--- DATA TO PROCESS Enclosed Below ---

-- ===== src/Napi/Reply.antt =====
-- A whole reply through the reader, and the request of setBusyPoll through the same reader.
use abtrda.Prelude.{
  ℕ, zero, suc, ◌+◌, ◌-◌, ◌^◌, ◌≤◌, ◌<◌, ◌≡◌, refl, ap, ap₂, ◌∙◌, ◌≢◌, true, false, some, List, [],
  ◌∷◌, ◌++◌, arith, ltb, leb, ◌==◌, length, length-append, drop, replicate, u32,
}
use abtrda.Bytes.{le_bytes, le_value, overlay, memcpy, store_u, load_u}
use abtrda.Napi.{
  nla_align, set_request, NapiParams, walk_attrs, walk_messages, unread, get_busy_poll,
}
use abtrda.Napi.Walk.{
  Attr, attr_bytes, attr_type, attr_value, Encodable, attrs_bytes, set_param, attr_size-ge,
  length-attr_bytes, load_u-within, set_params, AllEncodable, walk_attrs-set_params, headers,
  attr32, attr64,
}

walk_messages-end :
    (turns family : ℕ) (rh : List ℕ) (out : NapiParams)
    → walk_messages turns family rh 0 out ≡ some out
unfolding walk_messages
walk_messages-end zero family rh out = refl
walk_messages-end (suc turns) family rh out = refl

-- One whole message of the family, the last that was received.
walk_messages-own :
    (turns family size : ℕ) (rh : List ℕ) (out next : NapiParams)
    → 16 ≤ size
    → family ≢ 2
    → load_u 4 0 rh ≡ some size
    → load_u 2 4 rh ≡ some family
    → walk_attrs size (drop 20 rh) (size - 20) out ≡ some next
    → walk_messages (suc turns) family rh size out ≡ some (record next { valid = true })
unfolding walk_messages
walk_messages-own turns family size rh out next h f a b c =
    let big : ltb size 16 ≡ false = ground arith in
    let whole : ltb size size ≡ false = ground arith in
    let other : family == 2 ≡ false = ground arith in
    let same : family == family ≡ true = ground arith in
    let done : size - nla_align size ≡ 0 = omega arith in
    rw (a, b, c, big, whole, other, same, done) (walk_messages-end turns family _ _)

abbrev pub reply_size : List Attr → ℕ
reply_size attrs = 20 + length (attrs_bytes attrs)

module _ (family flags seq cmd : ℕ) (attrs : List Attr) (tail : List ℕ) where
  -- A reply of one message with these attributes, in a buffer that goes on behind it.
  abbrev pub reply : List ℕ
  reply = headers (reply_size attrs) family flags seq cmd ++ (attrs_bytes attrs ++ tail)

  reply-size : reply_size attrs < 2 ^ 32 → load_u 4 0 reply ≡ some (reply_size attrs)
  unfolding le_bytes le_value
  reply-size h = load_u-within 4 0 (reply_size attrs) reply (omega arith) (omega arith)

  reply-family : family < 2 ^ 16 → load_u 2 4 reply ≡ some family
  unfolding le_bytes le_value
  reply-family h = load_u-within 2 4 family reply (omega arith) (omega arith)

  reply-attrs : drop 20 reply ≡ attrs_bytes attrs ++ tail
  unfolding le_bytes
  reply-attrs = refl

  few : (more : List Attr) → length more ≤ length (attrs_bytes more)
  unfolding attrs_bytes
  few [] = omega arith
  few (a ∷ more) = omega (
    arith,
    few more,
    length-append (attr_bytes a) (attrs_bytes more),
    length-attr_bytes a,
    attr_size-ge a,
  )

  -- A reply received whole, one message of the family with any attributes of 4 or 8 bytes: no load
  -- leaves the buffer, the walk ends, and the result is marked valid and holds the numbers of the
  -- attributes, the last of each type.
  pub get_busy_poll-set_params :
      family ≢ 0
      → family ≢ 2
      → family < 2 ^ 16
      → reply_size attrs < 2 ^ 32
      → AllEncodable attrs
      → get_busy_poll true family true (some (reply_size attrs)) reply
        ≡ some (record (set_params attrs unread) { valid = true })
  unfolding get_busy_poll
  get_busy_poll-set_params z e f h k =
      let some_family : family == 0 ≡ false = ground arith in
      let whole : leb 16 (reply_size attrs) ≡ true = ground arith in
      let turns : reply_size attrs ≡ suc (19 + length (attrs_bytes attrs)) = omega arith in
      let content : reply_size attrs - 20 ≡ length (attrs_bytes attrs) = omega arith in
      let walked : walk_attrs (reply_size attrs) (drop 20 reply) (reply_size attrs - 20) unread
          ≡ some (set_params attrs unread) =
        ap₂ (λ bs n. walk_attrs (reply_size attrs) bs n unread) reply-attrs content
        ∙ walk_attrs-set_params (reply_size attrs) attrs tail unread (omega (arith, few attrs)) k in
      rw (some_family, whole)
        (ap (λ n. walk_messages n family reply (reply_size attrs) unread) turns
          ∙ walk_messages-own (19 + length (attrs_bytes attrs)) family (reply_size attrs) reply
              unread (set_params attrs unread) (omega arith) e (reply-size h) (reply-family f)
              walked)

abbrev set_attrs : ℕ → ℕ → ℕ → ℕ → List Attr
set_attrs id d g i = attr32 2 id ∷ attr32 5 d ∷ attr64 6 g ∷ attr64 7 i ∷ []

-- The stores of the request fill its buffer from the front.
set_request-bytes :
    (family id d g i : ℕ)
    → set_request family id d g i
      ≡ some (headers 60 family 5 2 14 ++ (attrs_bytes (set_attrs id d g i) ++ replicate 452 0), 60)
unfolding set_request attrs_bytes attr_bytes memcpy store_u overlay le_bytes
set_request-bytes family id d g i = refl

-- The stores of setBusyPoll's request stay in its buffer and end at byte 60, which is the length it
-- states; and the walk of getBusyPoll over its attributes gives back the three numbers that were put
-- in, for any numbers of their widths.
pub set_request-walk_attrs :
    (family napi_id defer_hard_irqs gro_flush_ns irq_suspend_ns : ℕ)
    → napi_id < 2 ^ 32
    → defer_hard_irqs < 2 ^ 32
    → gro_flush_ns < 2 ^ 64
    → irq_suspend_ns < 2 ^ 64
    → (buf : List ℕ) × (set_request family napi_id defer_hard_irqs gro_flush_ns irq_suspend_ns
        ≡ some (buf, 60))
      × (load_u 4 0 buf ≡ some 60)
      × (walk_attrs 4 (drop 20 buf) 40 unread
          ≡ some (record {
            valid = false;
            defer_hard_irqs = defer_hard_irqs;
            gro_flush_ns = gro_flush_ns;
            irq_suspend_ns = irq_suspend_ns;
          }))
unfolding le_bytes le_value load_u Encodable attrs_bytes attr_bytes set_params attr_value attr_type
    set_param
set_request-walk_attrs family id d g i hid hd hg hi =
    let attrs = set_attrs id d g i in
    let encodable : AllEncodable attrs =
      ((omega arith, hid), ((omega arith, hd), ((omega arith, hg), ((omega arith, hi), tt)))) in
    (
      headers 60 family 5 2 14 ++ (attrs_bytes attrs ++ replicate 452 0),
      set_request-bytes family id d g i,
      refl,
      walk_attrs-set_params 4 attrs (replicate 452 0) unread (omega arith) encodable
          ∙ ap
              (λ x. some (record {
                valid = false;
                defer_hard_irqs = x;
                gro_flush_ns = g;
                irq_suspend_ns = i;
              }))
              (let small : u32 d ≡ d = omega arith in small),
    )
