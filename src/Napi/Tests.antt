-- ===== src/Napi/Tests.antt =====
-- The messages at concrete values.
use abtrda.Prelude.{
  ℕ, zero, suc, ◌^◌, ◌≡◌, refl, true, false, none, some, List, [], ◌∷◌, arith, drop,
}
use abtrda.Bytes.{le_bytes, le_value, load_u}
use abtrda.Napi.{set_request, take_attr, walk_attrs, unread, get_busy_poll, set_busy_poll}
use abtrda.Napi.Walk.{
  Attr, attr_bytes, attr_type, attr_value, Encodable, attrs_bytes, set_param, set_params,
  AllEncodable, attr32, attr64,
}
use abtrda.Napi.Reply.{reply_size, reply, get_busy_poll-set_params, set_request-walk_attrs}

abbrev two_attrs : List Attr
two_attrs = attr32 5 2 ∷ attr64 7 (2 ^ 40) ∷ []

two_attrs-AllEncodable : AllEncodable two_attrs
unfolding Encodable
two_attrs-AllEncodable = ((omega arith, omega arith), ((omega arith, omega arith), tt))

get_busy_poll-set_params_example :
    get_busy_poll true 30 true (some (reply_size two_attrs)) (reply 30 0 3 11 two_attrs [])
    ≡ some (record { valid = true; defer_hard_irqs = 2; gro_flush_ns = 0; irq_suspend_ns = 2 ^ 40 })
unfolding set_params set_param attr_type attr_value attrs_bytes attr_bytes le_bytes
get_busy_poll-set_params_example =
    get_busy_poll-set_params 30 0 3 11 two_attrs [] (omega arith) (omega arith) (omega arith)
      (omega arith) two_attrs-AllEncodable

set_request-walk_attrs_example :
    (buf : List ℕ) × (set_request 30 8193 2 200000 20000000 ≡ some (buf, 60))
    × (load_u 4 0 buf ≡ some 60)
    × (walk_attrs 4 (drop 20 buf) 40 unread
        ≡ some (record {
          valid = false;
          defer_hard_irqs = 2;
          gro_flush_ns = 200000;
          irq_suspend_ns = 20000000;
        }))
set_request-walk_attrs_example =
    set_request-walk_attrs 30 8193 2 200000 20000000 (omega arith) (omega arith) (omega arith)
      (omega arith)

-- The kernel's acknowledgement, and a refusal with EPERM.
abbrev ack : ℕ → List ℕ
ack error = 36 ∷ 0 ∷ 0 ∷ 0 ∷ 2 ∷ 0 ∷ 0 ∷ 0 ∷ 2 ∷ 0 ∷ 0 ∷ 0 ∷ 0 ∷ 0 ∷ 0 ∷ 0 ∷ error ∷ 0 ∷ 0 ∷ 0 ∷ []

acknowledged : set_busy_poll true 30 true (some 36) (ack 0) ≡ some true
unfolding set_busy_poll load_u le_value
acknowledged = refl

refused : set_busy_poll true 30 true (some 36) (ack 1) ≡ some false
unfolding set_busy_poll load_u le_value
refused = refl

-- An attribute of length 0 is taken for the next one for ever: no number of turns ends the walk.
empty_attr-stuck : (turns : ℕ) → walk_attrs turns (0 ∷ 0 ∷ 9 ∷ 0 ∷ []) 4 unread ≡ none
unfolding walk_attrs take_attr load_u le_value
empty_attr-stuck zero = refl
empty_attr-stuck (suc turns) = empty_attr-stuck turns
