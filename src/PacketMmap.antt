-- ===== src/PacketMmap.antt =====
-- The PACKET_MMAP rings of src/backends/PacketMmap.
pub mod Tx
pub mod Rx
mod Tests
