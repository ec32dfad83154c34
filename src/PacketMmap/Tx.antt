-- ===== src/PacketMmap/Tx.antt =====
-- PacketMmapTx (src/backends/PacketMmap/PacketMmapTx.hpp and PacketMmapTx.cpp): a ring of slots shared
-- with the kernel, each with a status word, two lengths and a data area. The slot pointer is the slot's
-- number; the kernel's status values are parameters.
pub mod Ownership
use abtrda.Prelude.{
  ℕ, ◌+◌, Bool, true, false, Option, none, some, List, [], ◌∷◌, leb, ◌==◌, if◌then◌else◌, length,
  set, get_or, u32, ◌>>=◌,
}
use abtrda.Bytes.{memcpy}

pub record Slot : Type 0 where
  pub tp_status : ℕ
  pub tp_len : ℕ
  pub tp_snaplen : ℕ
  pub data_area : List ℕ

abbrev pub no_slot : Slot
no_slot = record { tp_status = 0; tp_len = 0; tp_snaplen = 0; data_area = [] }

pub record MmapTx : Type 0 where
  pub slots : List Slot
  pub next_slot : ℕ

-- What a call of the kernel's send answers: success, a full queue (EAGAIN or EBUSY), or another error.
pub data Kick : Type 0 where
  sent : Kick
  busy : Kick
  failed : Kick

-- The retry loop over the kernel's answers: those that are left when it ends, `none` while it is
-- still retrying.
unfoldable pub kick : List Kick → Option (List Kick)
kick [] = none
kick (sent ∷ ks) = some ks
kick (busy ∷ ks) = kick ks
kick (failed ∷ ks) = some ks

-- The slot after slot `i`, round the ring.
unfoldable pub advance : ℕ → ℕ → ℕ
advance n i = if leb n (i + 1) then 0 else i + 1

module _ (available send_request : ℕ) where
  unfoldable pub acquire_slot : ℕ → MmapTx → Option (ℕ × MmapTx)
  acquire_slot frame_len r =
      let s = get_or r.slots r.next_slot no_slot in
      if s.tp_status == available
      then some (
        r.next_slot,
        record r {
          slots = set r.slots r.next_slot (record s { tp_len = frame_len; tp_snaplen = frame_len });
        },
      )
      else none

  -- The slot is handed to the kernel; its answers to the retry loop are the first argument.
  unfoldable pub commit_slot : List Kick → MmapTx → Option (List Kick × MmapTx)
  unfolding kick advance
  commit_slot answers r =
      let s = get_or r.slots r.next_slot no_slot in
      let t = record r {
        slots = set r.slots r.next_slot (record s { tp_status = send_request });
        next_slot = advance (length r.slots) r.next_slot;
      } in
      do rest ← kick answers; some (rest, t)

  -- The frame is copied to slot `i` and committed; `none` is a copy past the data area, or a kernel
  -- that is busy to the last of its answers.
  unfoldable pub fill_slot :
      List Kick → List ℕ → Option (ℕ × MmapTx) → MmapTx → Option (Bool × MmapTx)
  unfolding commit_slot
  fill_slot answers frame none r = some (false, r)
  fill_slot answers frame (some (i, a)) r = do
    d ← memcpy 0 frame (get_or a.slots i no_slot).data_area
    c ←
        commit_slot answers
          (record a { slots = set a.slots i (record (get_or a.slots i no_slot) { data_area = d }) })
    some (true, c.1)

  unfoldable pub send_frame : List Kick → List ℕ → MmapTx → Option (Bool × MmapTx)
  unfolding fill_slot acquire_slot
  send_frame answers frame r = fill_slot answers frame (acquire_slot (u32 (length frame)) r) r

  unfoldable pub prefill_slot : List ℕ → Slot → Option Slot
  prefill_slot template s =
      if s.tp_status == available
      then memcpy 0 template s.data_area >>= (λ d. some (record s { data_area = d }))
      else some s

  unfoldable pub prefill_slots : List ℕ → List Slot → Option (List Slot)
  unfolding prefill_slot
  prefill_slots template [] = some []
  prefill_slots template (s ∷ ss) = do
    t ← prefill_slot template s
    ts ← prefill_slots template ss
    some (t ∷ ts)
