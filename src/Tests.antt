-- ===== src/Tests.antt =====
-- Tests of the models at concrete inputs, and the theorems applied to such inputs.
mod Assistant
mod AuditLog
mod Blocks
mod Config
mod Errors
mod Fs
mod OpenAi
mod KeyStore
mod Parser
mod Process
mod Processor
mod Provider
mod Security
mod Watcher
mod Worker
mod Context
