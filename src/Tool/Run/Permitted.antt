-- ===== src/Tool/Run/Permitted.antt =====
-- Which variables a tool gets to see.
use skylark.Base.{true, Option, none, some, List, [], ◌∷◌, ◌++◌, ◌≡◌, all, any, map, ℕ_eq, List_eq}
use mathlib.Core.List.Memᴰ
use mathlib.Core.List.{Memᴰ}
use skylark.Base.Dict.{Dict}
use skylark.Text.{Text, bytes}
use skylark.Sandbox.{is_of, basic_env, Sandbox}
use skylark.Tool.{Json, EnvVar, Schema}
use skylark.Tool.Run.{run_env}

abbrev names_of : Dict Text EnvVar → List Text
names_of specs = map (λ spec. spec.0) specs

-- What a whitelist lets through of the system's environment; an empty one, nothing.
abbrev let_through : List Text → List Text
let_through [] = []
let_through (name ∷ names) = (name ∷ names) ++ basic_env

-- Every entry is of one of these variables.
abbrev pub AllOf : List Text → List Text → Type 0
AllOf names env = all (λ e. any (is_of e) names) env ≡ true

-- The variables that a tool may see in a sandbox that began with a whitelist.
abbrev pub permitted : Schema → List Text → List Text
permitted schema whitelist = bytes "PATH" ∷ (names_of schema.env ++ let_through whitelist)

-- A sandbox lets through no more than one with this whitelist did at first.
abbrev NoMore : List Text → Sandbox → Type 0
NoMore whitelist s =
    (e : Text)
    → any (is_of e) (let_through s.env_whitelist) ≡ true
    → any (is_of e) (let_through whitelist) ≡ true

module _ (format : Json → Text) where
  -- The runs of tools in a sandbox, each with its schema, config and environment.
  abbrev pub sandbox_after : List (Schema × Dict Text Text × Dict Text Text) → Sandbox → Sandbox
  sandbox_after [] s = s
  sandbox_after ((schema, config, environment) ∷ runs) s =
      sandbox_after runs (run_env format schema config environment s).1

  -- The value of a declared variable: of the config, or else of the environment, if it is not empty
  -- there, or else its default, if it has one.
  abbrev pub value_of : Option Text → (current : Text) → Option Json → Option Text
  value_of (some value) current default_value = some value
  value_of none [] none = none
  value_of none [] (some j) = some (format j)
  value_of none (c ∷ current) default_value = some (c ∷ current)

--- End of Enclosed DATA TO PROCESS ---

* [TASK DESCRIPTION]
Please write out, exactly as they appear, the lines from the line containing "value_of (some value)" through the last line of the records above, both included.

* [ANSWER FOR THE TASK]
  value_of (some value) current default_value = some value
  value_of none [] none = none
  value_of none [] (some j) = some (format j)
  value_of none (c ∷ current) default_value = some (c ∷ current)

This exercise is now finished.